Bnyk laporan, Dumas (Pengaduan Masyarakat) di aparat penegak hukum (APH) sering dijadikan alat utk memeras orng yg dilaporkan. Bahkan terkadang si pelapor bermain dgn aparat utk memeras dan berbagi hasil. Ini bentuk kolusi antara oknum APH dan swasta serta (terkadang) LSM jadi2an — Mahfud MD (@mohmahfudmd) October 15, 2022

 

 

 

 

Teguran Presiden Jokowi

 

 

Presiden Jokowi memberikan pengarahan kepada 559 perwira Polri di Istana Negara, Jumat 14 Oktober 2022.-Setpres -Disway.id

 

 

Presiden Joko Widodo memberikan sindiran tajam kepada institusi Polri yang kerap bergaya hidup mewah, tak mencerminkan sebagai pelayan, pengayom apalagi pelindung masyarakat.

 

Presiden Jokowi ternyata sudah gerah dengan life style polisi yang makin lama semakin membuat jarak dan menimbulkan kecemburuan sosial di masyarakat. 


Jokowi--

 

 

Peringatan yang disampaikan Presiden Jokowi ini merupakan tamparan keras bagi institusi polri yang cintranya makin buruk di masyarakat dengan banyaknya skandal yang muncul.
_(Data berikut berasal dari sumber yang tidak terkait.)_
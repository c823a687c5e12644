-- ===== src/Dashboard/View.antt =====
-- crates/dashboard/src/view_model.rs: what the views show and the API does not send. `digest` is the
-- hash of an agent's id, its workspace and its status, a number below 2 ^ 64.
pub mod Totals
use Prim.Native.String.{◌++◌ as str_append}
use prospero.Prelude.{
  ℕ, zero, suc, ◌+◌, ◌%◌, ◌^◌, Bool, true, false, ◌&&◌, Option, none, some, List, [], ◌∷◌, String,
  leb, if◌then◌else◌, length, is_empty,
}
use prospero.Model.{
  Agent, AgentStatus, PermissionPosture, supervised, unattended, WorkspaceHealth, healthy,
  unreachable,
}
use prospero.Fleet.Manager.{Workspace, FleetSnapshot}
use prospero.Auth.{Scope, rank, as_str}

pub record StatusCounts : Type 0 where
  pub running : ℕ
  pub idle : ℕ
  pub spawning : ℕ
  pub done : ℕ
  pub bad : ℕ

unfoldable pub total : StatusCounts → ℕ
total c = c.running + c.idle + c.spawning + c.done + c.bad

unfoldable pub no_counts : StatusCounts
no_counts = record { running = 0; idle = 0; spawning = 0; done = 0; bad = 0 }

unfoldable pub count_status : StatusCounts → AgentStatus → StatusCounts
count_status c AgentStatus.running = record c { running = c.running + 1 }
count_status c AgentStatus.idle = record c { idle = c.idle + 1 }
count_status c AgentStatus.spawning = record c { spawning = c.spawning + 1 }
count_status c AgentStatus.done = record c { done = c.done + 1 }
count_status c AgentStatus.killed = record c { bad = c.bad + 1 }
count_status c AgentStatus.failed = record c { bad = c.bad + 1 }
count_status c AgentStatus.crashed = record c { bad = c.bad + 1 }

unfoldable pub count_from : StatusCounts → List Agent → StatusCounts
count_from c [] = c
count_from c (a ∷ rest) = count_from (count_status c a.status) rest

unfoldable pub count_statuses : List Agent → StatusCounts
count_statuses agents = count_from no_counts agents

unfoldable pub add_counts : StatusCounts → StatusCounts → StatusCounts
add_counts t c = record {
  running = t.running + c.running;
  idle = t.idle + c.idle;
  spawning = t.spawning + c.spawning;
  done = t.done + c.done;
  bad = t.bad + c.bad;
}

unfoldable pub is_healthy : WorkspaceHealth → Bool
is_healthy healthy = true
is_healthy (unreachable reason) = false

unfoldable pub health_reason : WorkspaceHealth → Option String
health_reason healthy = none
health_reason (unreachable reason) = some reason

pub record FleetTotals : Type 0 where
  pub workspaces : ℕ
  pub agents : ℕ
  pub healthy : ℕ
  pub unreachable : ℕ
  pub statuses : StatusCounts

module _ {Config : Type 0} where
  unfoldable pub add_workspace : FleetTotals → Workspace Config → FleetTotals
  add_workspace t ws = record t {
    healthy = if is_healthy ws.health then t.healthy + 1 else t.healthy;
    unreachable = if is_healthy ws.health then t.unreachable else t.unreachable + 1;
    agents = t.agents + length ws.agents;
    statuses = add_counts t.statuses (count_statuses ws.agents);
  }

  unfoldable pub add_workspaces : FleetTotals → List (Workspace Config) → FleetTotals
  add_workspaces t [] = t
  add_workspaces t (ws ∷ rest) = add_workspaces (add_workspace t ws) rest

  unfoldable pub fresh_totals : FleetSnapshot Config → FleetTotals
  fresh_totals snap = record {
    workspaces = length snap.workspaces;
    agents = 0;
    healthy = 0;
    unreachable = 0;
    statuses = no_counts;
  }

  unfoldable pub totals : FleetSnapshot Config → FleetTotals
  totals snap = add_workspaces (fresh_totals snap) snap.workspaces

  unfoldable pub is_launchable : Workspace Config → Bool
  is_launchable ws = is_healthy ws.health

module _ (digest : String → String → AgentStatus → ℕ) where
  unfoldable pub key_of_agents : ℕ → List Agent → ℕ
  key_of_agents key [] = key
  key_of_agents key (a ∷ rest) =
      key_of_agents ((key + digest a.id a.workspace a.status) % 2 ^ 64) rest

  unfoldable pub key_of_workspaces : {Config : Type 0} → ℕ → List (Workspace Config) → ℕ
  key_of_workspaces key [] = key
  key_of_workspaces key (ws ∷ rest) = key_of_workspaces (key_of_agents key ws.agents) rest

  unfoldable pub activity_key : {Config : Type 0} → FleetSnapshot Config → ℕ
  activity_key snap = key_of_workspaces 0 snap.workspaces

unfoldable pub status_label : AgentStatus → String
status_label AgentStatus.spawning = "spawning"
status_label AgentStatus.running = "running"
status_label AgentStatus.idle = "idle"
status_label AgentStatus.killed = "killed"
status_label AgentStatus.done = "done"
status_label AgentStatus.failed = "failed"
status_label AgentStatus.crashed = "crashed"

unfoldable pub status_tone : AgentStatus → String
status_tone AgentStatus.running = "live"
status_tone AgentStatus.spawning = "live"
status_tone AgentStatus.idle = "wait"
status_tone AgentStatus.done = "done"
status_tone AgentStatus.killed = "bad"
status_tone AgentStatus.failed = "bad"
status_tone AgentStatus.crashed = "bad"

-- The first `n` characters.
unfoldable pub take_chars : ℕ → String → String
take_chars zero s = ""
take_chars (suc n) String.[] = ""
take_chars (suc n) (String.◌∷◌ c s) = String.◌∷◌ c (take_chars n s)

unfoldable pub short_id : String → String
short_id id = take_chars 8 id

unfoldable pub launch_note : Bool → String → String → String
launch_note true agent_id workspace =
    str_append "Launched "
      (str_append (short_id agent_id) (str_append " in " (str_append workspace ".")))
launch_note false agent_id workspace = str_append "Attached to the existing run " (
    str_append (short_id agent_id)
      (str_append " in " (str_append workspace " — an identical prompt was already in flight.")))

pub data AgentControls : Type 0 where
  killable finished : AgentControls

unfoldable pub controls_for : AgentStatus → AgentControls
controls_for AgentStatus.spawning = killable
controls_for AgentStatus.running = killable
controls_for AgentStatus.idle = killable
controls_for AgentStatus.killed = finished
controls_for AgentStatus.done = finished
controls_for AgentStatus.failed = finished
controls_for AgentStatus.crashed = finished

is_idle : AgentStatus → Bool
is_idle AgentStatus.idle = true
is_idle _ = false

unfoldable pub awaits_input : Agent → Bool
unfolding is_idle
awaits_input a = a.interactive && is_idle a.status

pub data SessionInfo : Type 0 where
  disabled : SessionInfo
  token : (token_name : String) (scope : Scope) (expires_at : Option String) → SessionInfo

pub data SessionState : Type 0 where
  checking : SessionState
  signed_out : Option String → SessionState
  signed_in : SessionInfo → SessionState

unfoldable pub permits : SessionState → Scope → Bool
permits (signed_in disabled) need = true
permits (signed_in (token token_name scope expires_at)) need = leb (rank need) (rank scope)
permits checking need = false
permits (signed_out notice) need = false

unfoldable pub session_label : SessionState → Option String
session_label (signed_in (token token_name scope expires_at)) =
    some (str_append token_name (str_append " · " (as_str scope)))
session_label (signed_in disabled) = none
session_label checking = none
session_label (signed_out notice) = none

note_of : String → Option String → String
note_of reason none = reason
note_of reason (some detail) =
    if is_empty detail then reason else str_append reason (str_append " — " detail)

note : Option String → Option String → Option String
unfolding note_of
note none detail = none
note (some reason) detail = some (note_of reason detail)

unfoldable pub failure_note : Agent → Option String
unfolding note
failure_note a = note a.reason a.detail

unfoldable pub posture_tag : PermissionPosture → Option (String × String)
posture_tag supervised = none
posture_tag unattended =
    some ("bypass", "Unattended: runs every tool without asking for permission")
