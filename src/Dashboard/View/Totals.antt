-- ===== src/Dashboard/View/Totals.antt =====
-- The numbers of the overview, and the key that its usage panel is fetched again by.
use mathlib.Core.List.{Permᴰ}
use native.Mathlib.Nat.{mod-add-mod}
use prospero.Prelude.{
  ℕ, ◌+◌, ◌%◌, ◌^◌, ◌≡◌, refl, sym, ap, ◌∙◌, List, [], ◌∷◌, ◌++◌, String, length, length-append,
  arith,
}
use prospero.Model.{Agent, AgentStatus}
use prospero.Fleet.Manager.{Workspace, FleetSnapshot}
use prospero.Dashboard.View.{
  StatusCounts, total, no_counts, count_status, count_from, count_statuses, add_counts, FleetTotals,
  add_workspace, add_workspaces, fresh_totals, totals, key_of_agents, key_of_workspaces,
  activity_key,
}

count_from-append :
    (c : StatusCounts) (xs ys : List Agent)
    → count_from c (xs ++ ys) ≡ count_from (count_from c xs) ys
unfolding count_from
count_from-append c [] ys = refl
count_from-append c (a ∷ rest) ys = count_from-append (count_status c a.status) rest ys

counts-eq :
    {c d : StatusCounts}
    → c.running ≡ d.running
    → c.idle ≡ d.idle
    → c.spawning ≡ d.spawning
    → c.done ≡ d.done
    → c.bad ≡ d.bad
    → c ≡ d
counts-eq r i s e b =
    λ k. record { running = r k; idle = i k; spawning = s k; done = e k; bad = b k }

add_counts-status :
    (t c : StatusCounts) (s : AgentStatus)
    → add_counts t (count_status c s) ≡ count_status (add_counts t c) s
unfolding add_counts count_status
add_counts-status t c AgentStatus.running =
    counts-eq (omega arith) (omega arith) (omega arith) (omega arith) (omega arith)
add_counts-status t c AgentStatus.idle =
    counts-eq (omega arith) (omega arith) (omega arith) (omega arith) (omega arith)
add_counts-status t c AgentStatus.spawning =
    counts-eq (omega arith) (omega arith) (omega arith) (omega arith) (omega arith)
add_counts-status t c AgentStatus.done =
    counts-eq (omega arith) (omega arith) (omega arith) (omega arith) (omega arith)
add_counts-status t c AgentStatus.killed =
    counts-eq (omega arith) (omega arith) (omega arith) (omega arith) (omega arith)
add_counts-status t c AgentStatus.failed =
    counts-eq (omega arith) (omega arith) (omega arith) (omega arith) (omega arith)
add_counts-status t c AgentStatus.crashed =
    counts-eq (omega arith) (omega arith) (omega arith) (omega arith) (omega arith)

count_from-add :
    (t c : StatusCounts) (xs : List Agent)
    → add_counts t (count_from c xs) ≡ count_from (add_counts t c) xs
unfolding count_from
count_from-add t c [] = refl
count_from-add t c (a ∷ rest) =
    count_from-add t (count_status c a.status) rest
    ∙ ap (λ d. count_from d rest) (add_counts-status t c a.status)

add_counts-none : (t : StatusCounts) → add_counts t no_counts ≡ t
unfolding add_counts no_counts
add_counts-none t = counts-eq (omega arith) (omega arith) (omega arith) (omega arith) (omega arith)

total-status : (c : StatusCounts) (s : AgentStatus) → total (count_status c s) ≡ total c + 1
unfolding total count_status
total-status c AgentStatus.running = omega arith
total-status c AgentStatus.idle = omega arith
total-status c AgentStatus.spawning = omega arith
total-status c AgentStatus.done = omega arith
total-status c AgentStatus.killed = omega arith
total-status c AgentStatus.failed = omega arith
total-status c AgentStatus.crashed = omega arith

total-from : (c : StatusCounts) (xs : List Agent) → total (count_from c xs) ≡ total c + length xs
unfolding count_from
total-from c [] = omega arith
total-from c (a ∷ rest) =
    ground (arith, total-from (count_status c a.status) rest, total-status c a.status)

module _ {Config : Type 0} where
  abbrev pub agents_of : List (Workspace Config) → List Agent
  agents_of [] = []
  agents_of (ws ∷ rest) = ws.agents ++ agents_of rest

  workspaces-kept :
      (t : FleetTotals) (wss : List (Workspace Config))
      → (add_workspaces t wss).workspaces ≡ t.workspaces
  unfolding add_workspaces add_workspace
  workspaces-kept t [] = refl
  workspaces-kept t (ws ∷ rest) = workspaces-kept (add_workspace t ws) rest

  statuses-counted :
      (t : FleetTotals) (wss : List (Workspace Config))
      → (add_workspaces t wss).statuses ≡ count_from t.statuses (agents_of wss)
  unfolding add_workspaces add_workspace count_statuses count_from
  statuses-counted t [] = refl
  statuses-counted t (ws ∷ rest) =
      statuses-counted (add_workspace t ws) rest
      ∙ ap (λ c. count_from c (agents_of rest))
          (count_from-add t.statuses no_counts ws.agents
            ∙ ap (λ c. count_from c ws.agents) (add_counts-none t.statuses))
      ∙ sym (count_from-append t.statuses ws.agents (agents_of rest))

  agents-counted :
      (t : FleetTotals) (wss : List (Workspace Config))
      → (add_workspaces t wss).agents ≡ t.agents + length (agents_of wss)
  unfolding add_workspaces add_workspace
  agents-counted t [] = omega arith
  agents-counted t (ws ∷ rest) =
      ground
        (arith, agents-counted (add_workspace t ws) rest, length-append ws.agents (agents_of rest))

  health-counted :
      (t : FleetTotals) (wss : List (Workspace Config))
      → (add_workspaces t wss).healthy + (add_workspaces t wss).unreachable
        ≡ t.healthy + t.unreachable + length wss
  unfolding add_workspaces add_workspace
  health-counted t [] = omega arith
  health-counted t (ws ∷ rest) = ground (arith, health-counted (add_workspace t ws) rest)

  -- The overview's numbers add up: the counts by status are those of all the agents of the fleet in one
  -- list, each agent is counted under one status, and each workspace as healthy or unreachable.
  totals_add_up :
      (snap : FleetSnapshot Config)
      → ((totals snap).statuses ≡ count_statuses (agents_of snap.workspaces))
        × ((totals snap).agents ≡ length (agents_of snap.workspaces))
        × (total (totals snap).statuses ≡ (totals snap).agents)
        × ((totals snap).healthy + (totals snap).unreachable ≡ (totals snap).workspaces)
        × ((totals snap).workspaces ≡ length snap.workspaces)
  unfolding totals fresh_totals count_statuses no_counts total
  totals_add_up snap =
      let agents = agents-counted (fresh_totals snap) snap.workspaces in
      let statuses = statuses-counted (fresh_totals snap) snap.workspaces in
      (
        statuses,
        ground (arith, agents),
        ground (arith, ap total statuses, total-from no_counts (agents_of snap.workspaces), agents),
        ground (
          arith,
          health-counted (fresh_totals snap) snap.workspaces,
          workspaces-kept (fresh_totals snap) snap.workspaces,
        ),
        workspaces-kept (fresh_totals snap) snap.workspaces,
      )

module _ (digest : String → String → AgentStatus → ℕ) where
  digests : List Agent → ℕ
  digests [] = 0
  digests (a ∷ rest) = digest a.id a.workspace a.status + digests rest

  digest_of : Agent → ℕ
  digest_of a = digest a.id a.workspace a.status

  digests-perm : {xs ys : List Agent} → Permᴰ xs ys → digests xs ≡ digests ys
  unfolding digests digest_of
  digests-perm Permᴰ.nil = refl
  digests-perm (Permᴰ.cons e p) = ground (arith, ap digest_of e, digests-perm p)
  digests-perm (Permᴰ.swap e f) = ground (arith, ap digest_of e, ap digest_of f)
  digests-perm (Permᴰ.trans p q) = digests-perm p ∙ digests-perm q

  key_of_agents-append :
      (key : ℕ) (xs ys : List Agent)
      → key_of_agents digest key (xs ++ ys) ≡ key_of_agents digest (key_of_agents digest key xs) ys
  unfolding key_of_agents
  key_of_agents-append key [] ys = refl
  key_of_agents-append key (a ∷ rest) ys =
      key_of_agents-append ((key + digest a.id a.workspace a.status) % 2 ^ 64) rest ys

  key_of_all :
      {Config : Type 0} (key : ℕ) (wss : List (Workspace Config))
      → key_of_workspaces digest key wss ≡ key_of_agents digest key (agents_of wss)
  unfolding key_of_workspaces key_of_agents
  key_of_all key [] = refl
  key_of_all key (ws ∷ rest) =
      key_of_all (key_of_agents digest key ws.agents) rest
      ∙ sym (key_of_agents-append key ws.agents (agents_of rest))

  key-digests :
      (key : ℕ) (xs : List Agent)
      → key_of_agents digest (key % 2 ^ 64) xs ≡ (key + digests xs) % 2 ^ 64
  unfolding key_of_agents digests
  key-digests key [] = ground arith
  key-digests key (a ∷ rest) =
      let d = digest a.id a.workspace a.status in
      ap (λ k. key_of_agents digest k rest) (mod-add-mod key (2 ^ 64) d)
      ∙ key-digests (key + d) rest
      ∙ ap (λ n. n % 2 ^ 64) {x = key + d + digests rest} {y = key + (d + digests rest)}
          (omega arith)

  -- The key does not depend on the order of the workspaces or of their agents: snapshots whose agents
  -- are the same up to order have the same key.
  activity_key-perm :
      {Config : Type 0} (snap snap' : FleetSnapshot Config)
      → Permᴰ (agents_of snap.workspaces) (agents_of snap'.workspaces)
      → activity_key digest snap ≡ activity_key digest snap'
  unfolding activity_key
  activity_key-perm snap snap' p =
      key_of_all 0 snap.workspaces
      ∙ key-digests 0 (agents_of snap.workspaces)
      ∙ ap (λ n. (0 + n) % 2 ^ 64) (digests-perm p)
      ∙ sym (key-digests 0 (agents_of snap'.workspaces))
      ∙ sym (key_of_all 0 snap'.workspaces)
Dari kasus judi online, jual narkoba sampai kasus-kasus yang mencuat di daerah.

 

Presiden Joko Widodo mengingatkan, setiap tingkah laku anggota Polri bakal terus disorot oleh masyarakat dan dapat memengaruhi tingkat kepercayaan publik terhadap institusi itu.

 

 

 

 

 

Presiden Jokowi mengatakan, di tengah perkembangan media sosial, masyarakat kini lebih mudah memperhatikan gaya hidup pejabat Polri, termasuk ke hal-hal kecil seperti busana yang mereka kenakan.

 

"Urusan tadi, urusan mobil, urusan motor gede, urusan yang remeh-temehnya, sepatunya apa, bajunya apa, dilihat masyarakat sekarang ini. Itu yang kita harus mengerti dalam situasi dunia yang penuh keterbukaan," kata Jokowi di Istana Negara, Jakarta, Sabtu 14 Oktober 2022.

 

 

 

 

Presiden Joko Widodo berpesan kepada pejabat Markas Besar Polri, kapolda, dan kapolres untuk menjaga gaya hidup mereka agar tidak bermewah-mewahan.

 

Jokowi mengatakan, gaya hidup mewah itu harus direm demi tidak menimbulkan kecemburuan sosial di tengah masyarakat yang sedang susah akibat krisis.

 

 

 

 

"Saya ingatkan masalah gaya hidup, lifestyle, jangan sampai dalam situasi yang sulit ada letupan-letupan sosial karena ada kecemburuan sosial ekonomi, kecemburuan sosial ekonomi, hati-hati," kata Jokowi saat memberikan arahan kepada pejabat Polri di Istana Negara, Jakarta, Jumat 14 Oktober 2022.

 

 

 

 

Cara Presiden Jokowi Tak Lazim 

 

Pakar Komunikasi Emrus Sihombing menilai Presiden Joko Widodo (Jokowi) menunjukan cara sederhana namun apik saat memanggil 559 perwira Polri ke Istana Negara, Jumat 14 Oktober 2022.

 

 

 

Pemanggilan 559 perwira setingkat Kapolda dan Kapolres itu menunjukan rasa sayang Presiden Jokowi terhadap Korps Bhayangkara. Tanpa embel-embel simbol, tongkat komando, apalagi pengawalan melekat. 

 

"Cara Presiden Jokowi ini tak lazim, sederhana, tapi maknanya begitu mendalam. Presiden Jokowi mampu menyampaikan pesan yang begitu kuat; Jangan ada disparitas antara atasan dan bawahan, begitu pula Polri kepada rakyat, jangan ada jarak," tutur Emrus Sihombing kepada Disway.id Jumat 14 Oktober 2022.   

 

 

Pola yang dibangun tanpa simbol, tanpa tongkat komando, tanpa hanpone, sampai mananggalkan ajudan dan pengawal, memberikan cermin agar Polri kembali pada marwahnya sebagai pelayan, pengayom dan pelindung rakyat.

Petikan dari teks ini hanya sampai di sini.